Cela dit chez moi les dvd zone 1 ne marchent pas avec VLC....


----------



## kassk8 (31 Mars 2010)

Perso chuis Canada. Mon lecteur est bloqué le gros B....D !!

Quand je place un dvd zone 1 que je lance VLC ... et bien rien !
Il faut que je dézone ... j'ai trouvé une piste ... je vais essayer !

... j'ai trouvé ça ils sont complet mais je suis au Canada et que je n'ai pas pris ma sauvegarde ni mes logiciels ... ben je ne touche pas à mon ordi.
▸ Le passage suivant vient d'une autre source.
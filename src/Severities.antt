-- ===== src/Severities.antt =====
-- The severities in their order, from the least grave on, apart from the weights that the code gives
-- them.
use thot_secure.Prelude.{ℕ, suc, zero, String, Bool, List, [], ◌∷◌, str_eq, any, if◌then◌else◌}

abbrev pub severities : List String
severities = "info" ∷ "low" ∷ "medium" ∷ "high" ∷ "critical" ∷ []

-- The place of a text in a list.
abbrev pub place_in : List String → String → ℕ
place_in [] s = zero
place_in (t ∷ ts) s = if str_eq s t then zero else suc (place_in ts s)

abbrev pub grade : String → ℕ
grade s = place_in severities s

-- The text is one of the five severities.
abbrev pub is_severity : String → Bool
is_severity s = any (λ t. str_eq s t) severities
Cependant ... j'ai trouvé une solution qui m'a fait rire juste en pensant écrire ces lignes !!!

Et bien je ripe le dvd ... hihihi ... je peux ainsi voir le film tranquille ... en plus ça me permet d'aller faire les courses, déposé du linge à la laverie, préparer le diner, aller chercher le linge, finir de préparer le diner et enfin de regarder mon film ... 

Oui c'est drôle mais je n'ai pas d'autre solution moins risquée !

D'ailleurs pourquoi mon logiciel de ripe peut lire disque lui ?? Je sais pas, je sais pas ... sskuzé hein !!


----------